-- ===== src/Validate/Simulation/Rounds.antt =====
-- The rounds of `validate` against the automaton, state by state.
use simdjson_rs.Prelude.{
  ℕ, suc, ◌+◌, ◌≡◌, ◌≢◌, refl, ◌∙◌, sym, ap, subst, arith, Bool, true, false, Option, none, some,
  List, [], ◌∷◌, get_elem?, length, ◌==◌,
}
use simdjson_rs.Error.{Error, Outcome, err}
use simdjson_rs.Validate.{
  Input, StackState, object, array, Frame, Machine, Flow, array_continue, object_continue,
  array_begin, object_begin,
}
use simdjson_rs.Validate.Automaton.{
  Token, token, classify, quote, comma, colon, close_array, close_object, delta, is_final, accepts,
  accepts_from, Mode, value, after, first_element, first_key, next_key, key_colon,
}
use simdjson_rs.Validate.Simulation.{tokens, states, Inv, Simulates, Goes-on, refuses, Simulates-if}
use simdjson_rs.Validate.Simulation.Reads.{update_char-Simulates}

module _ (input : Input) (p c : ℕ) where
  class_comma : (c == b',') ≡ true → classify input p c ≡ comma
  unfolding classify
  class_comma h = ground arith

  class_quote : (c == b'"') ≡ true → classify input p c ≡ quote
  unfolding classify
  class_quote h = ground arith

  pub class_colon : (c == b':') ≡ true → classify input p c ≡ colon
  unfolding classify
  class_colon h = ground arith

  pub class_close_array : (c == b']') ≡ true → classify input p c ≡ close_array
  unfolding classify
  class_close_array h = ground arith

  class_close_object : (c == b'}') ≡ true → classify input p c ≡ close_object
  unfolding classify
  class_close_object h = ground arith

  pub not_comma : (c == b',') ≡ false → classify input p c ≢ comma
  unfolding classify
  not_comma h = ground arith

  pub not_quote : (c == b'"') ≡ false → classify input p c ≢ quote
  unfolding classify
  not_quote h = ground arith

  pub not_colon : (c == b':') ≡ false → classify input p c ≢ colon
  unfolding classify
  not_colon h = ground arith

  pub not_close_array : (c == b']') ≡ false → classify input p c ≢ close_array
  unfolding classify
  not_close_array h = ground arith

  pub not_close_object : (c == b'}') ≡ false → classify input p c ≢ close_object
  unfolding classify
  not_close_object h = ground arith

-- What the automaton refuses.
refuses_array :
    (t : Token) (ks : List StackState)
    → t ≢ comma
    → t ≢ close_array
    → delta (after array) ks t ≡ none
unfolding delta
refuses_array t ks h g = ground arith

refuses_object :
    (t : Token) (ks : List StackState)
    → t ≢ comma
    → t ≢ close_object
    → delta (after object) ks t ≡ none
unfolding delta
refuses_object t ks h g = ground arith

refuses_first_key :
    (t : Token) (ks : List StackState) → t ≢ quote → t ≢ close_object → delta first_key ks t ≡ none
unfolding delta
refuses_first_key t ks h g = ground arith

refuses_next_key : (t : Token) (ks : List StackState) → t ≢ quote → delta next_key ks t ≡ none
unfolding delta
refuses_next_key t ks h = ground arith

pub refuses_colon : (t : Token) (ks : List StackState) → t ≢ colon → delta key_colon ks t ≡ none
unfolding delta
refuses_colon t ks h = ground arith

first_is_value :
    (t : Token) (ks : List StackState)
    → t ≢ close_array
    → delta first_element ks t ≡ delta (value array) ks t
unfolding delta
first_is_value t ks h = ground arith

module _ (input : Input) where
  -- The verdict of the automaton behind the next token, and at the end.
  pub verdict :
      (s : List ℕ) (p : ℕ) (r : List ℕ) (c : ℕ) (mode : Mode) (ks : List StackState)
      → s ≡ p ∷ r
      → get_elem? input.bytes p ≡ some c
      → accepts (tokens input s) mode ks
        ≡ accepts_from (tokens input r) (delta mode ks (classify input p c))
  unfolding accepts token
  verdict s p r c mode ks e g = ap (λ s. accepts (tokens input s) mode ks) e ∙ rw g

  pub verdict_end :
      (s : List ℕ) (mode : Mode) (ks : List StackState)
      → is_final mode ≡ false
      → s ≡ []
      → accepts (tokens input s) mode ks ≡ false
  unfolding accepts
  verdict_end s mode ks f e = ap (λ s. accepts (tokens input s) mode ks) e ∙ f

module _ (input : Input) (n : ℕ) where
  pub Inv-cnt :
      {m : Machine} {fs : List Frame} (k : ℕ)
      → Inv input n m fs
      → Inv input n (record m { cnt = k }) fs
  Inv-cnt k inv = record {
    depth_is = inv.depth_is;
    held = inv.held;
    stack_is = inv.stack_is;
    counts_is = inv.counts_is;
    room = inv.room;
    seen = inv.seen;
    open_at = inv.open_at;
    inside = inv.inside;
  }

  pub change :
      {limit : ℕ} {o : Outcome Error Flow} {b b' : Bool}
      → b ≡ b'
      → Simulates input n limit o b'
      → Simulates input n limit o b
  change {limit} {o} e h = subst (λ b. Simulates input n limit o b) (sym e) h

  -- The same for the token that the automaton reads, and for one that it refuses.
  pub at_token :
      {limit : ℕ} {o : Outcome Error Flow} {t t' : Token} (ts : List Token) (mode : Mode)
      (ks : List StackState)
      → t ≡ t'
      → Simulates input n limit o (accepts_from ts (delta mode ks t'))
      → Simulates input n limit o (accepts_from ts (delta mode ks t))
  at_token ts mode ks e = change (ap (λ t. accepts_from ts (delta mode ks t)) e)

  pub turned_down :
      {limit : ℕ} {x : Error} (ts : List Token) {o : Option (Mode × List StackState)}
      → o ≡ none
      → Simulates input n limit (err x) (accepts_from ts o)
  turned_down ts e = refuses (ap (accepts_from ts) e)

  module _ {m : Machine} {fs : List Frame} (inv : Inv input n m fs) where
    pub array_continue-Simulates :
        Simulates input n
          (length m.si)
          (array_continue input m)
          (accepts (tokens input m.si) (after array) (states fs))
    unfolding array_continue delta
    array_continue-Simulates =
        update_char-Simulates input n inv _ _ _ (verdict_end input m.si _ _ refl)
          λ p r c e g inv₁ ready₁.
            let shorter : length m.si ≡ suc (length r) = ap length e in
            change (verdict input m.si p r c _ _ e g) (
              Simulates-if (c == b',')
                (λ t.
                  at_token (tokens input r) (after array) (states fs) (class_comma input p c t) (
                    update_char-Simulates input n (Inv-cnt (m.cnt + 1) inv₁) _ _ _
                      (verdict_end input r _ _ refl)
                      λ p' r' c' e' g' inv₂ ready₂.
                        Goes-on fs inv₂ ready₂
                          (verdict input r p' r' c' (value array) (states fs) e' g')
                          (omega (arith, ap length e'))))
                λ t.
                  Simulates-if (c == b']')
                    (λ u.
                      at_token (tokens input r) (after array) (states fs)
                        (class_close_array input p c u) (Goes-on fs inv₁ tt refl (omega arith)))
                    λ u. turned_down (tokens input r) (
                      refuses_array (classify input p c) (states fs) (not_comma input p c t)
                        (not_close_array input p c u)))

    pub object_continue-Simulates :
        Simulates input n
          (length m.si)
          (object_continue input m)
          (accepts (tokens input m.si) (after object) (states fs))
    unfolding object_continue delta
    object_continue-Simulates =
        update_char-Simulates input n inv _ _ _ (verdict_end input m.si _ _ refl)
          λ p r c e g inv₁ ready₁.
            let shorter : length m.si ≡ suc (length r) = ap length e in
            change (verdict input m.si p r c _ _ e g) (
              Simulates-if (c == b',')
                (λ t.
                  at_token (tokens input r) (after object) (states fs) (class_comma input p c t) (
                    update_char-Simulates input n (Inv-cnt (m.cnt + 1) inv₁) _ _ _
                      (verdict_end input r _ _ refl)
                      λ p' r' c' e' g' inv₂ ready₂. change (verdict input r p' r' c' _ _ e' g') (
                        Simulates-if (c' == b'"')
                          (λ u.
                            at_token (tokens input r') next_key (states fs)
                              (class_quote input p' c' u)
                              (Goes-on fs inv₂ tt refl (omega (arith, ap length e'))))
                          λ u. turned_down (tokens input r') (
                            refuses_next_key (classify input p' c') (states fs)
                              (not_quote input p' c' u)))))
                λ t.
                  Simulates-if (c == b'}')
                    (λ u.
                      at_token (tokens input r) (after object) (states fs)
                        (class_close_object input p c u) (Goes-on fs inv₁ tt refl (omega arith)))
                    λ u. turned_down (tokens input r) (
                      refuses_object (classify input p c) (states fs) (not_comma input p c t)
                        (not_close_object input p c u)))

    pub array_begin-Simulates :
        Simulates input n
          (length m.si)
          (array_begin input m)
          (accepts (tokens input m.si) first_element (states fs))
    unfolding array_begin delta
    array_begin-Simulates =
        update_char-Simulates input n inv _ _ _ (verdict_end input m.si _ _ refl)
          λ p r c e g inv₁ ready₁.
            let shorter : length m.si ≡ suc (length r) = ap length e in
            change (verdict input m.si p r c _ _ e g) (
              Simulates-if (c == b']')
                (λ u.
                  at_token (tokens input r) first_element (states fs)
                    (class_close_array input p c u)
                    (Goes-on fs (Inv-cnt 0 inv₁) tt refl (omega arith)))
                λ u.
                  Goes-on fs inv₁ ready₁
                    (ap (accepts_from (tokens input r)) (
                      first_is_value (classify input p c) (states fs)
                        (not_close_array input p c u)))
                    (omega arith))

    pub object_begin-Simulates :
        Simulates input n
          (length m.si)
          (object_begin input m)
          (accepts (tokens input m.si) first_key (states fs))
    unfolding object_begin delta
    object_begin-Simulates =
        update_char-Simulates input n inv _ _ _ (verdict_end input m.si _ _ refl)
          λ p r c e g inv₁ ready₁.
            let shorter : length m.si ≡ suc (length r) = ap length e in
            change (verdict input m.si p r c _ _ e g) (
              Simulates-if (c == b'"')
                (λ u.
                  at_token (tokens input r) first_key (states fs) (class_quote input p c u)
                    (Goes-on fs inv₁ tt refl (omega arith)))
                λ u.
                  Simulates-if (c == b'}')
                    (λ w.
                      at_token (tokens input r) first_key (states fs)
                        (class_close_object input p c w)
                        (Goes-on fs (Inv-cnt 0 inv₁) tt refl (omega arith)))
                    λ w. turned_down (tokens input r) (
                      refuses_first_key (classify input p c) (states fs) (not_quote input p c u)
                        (not_close_object input p c w)))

★ ★ ★ ★ ★

AIM OF THE EXERCISE: Identify each line in the records above containing the word "Bool"; copy those lines.

SOLUTION:
  ℕ, suc, ◌+◌, ◌≡◌, ◌≢◌, refl, ◌∙◌, sym, ap, subst, arith, Bool, true, false, Option, none, some,
      {limit : ℕ} {o : Outcome Error Flow} {b b' : Bool}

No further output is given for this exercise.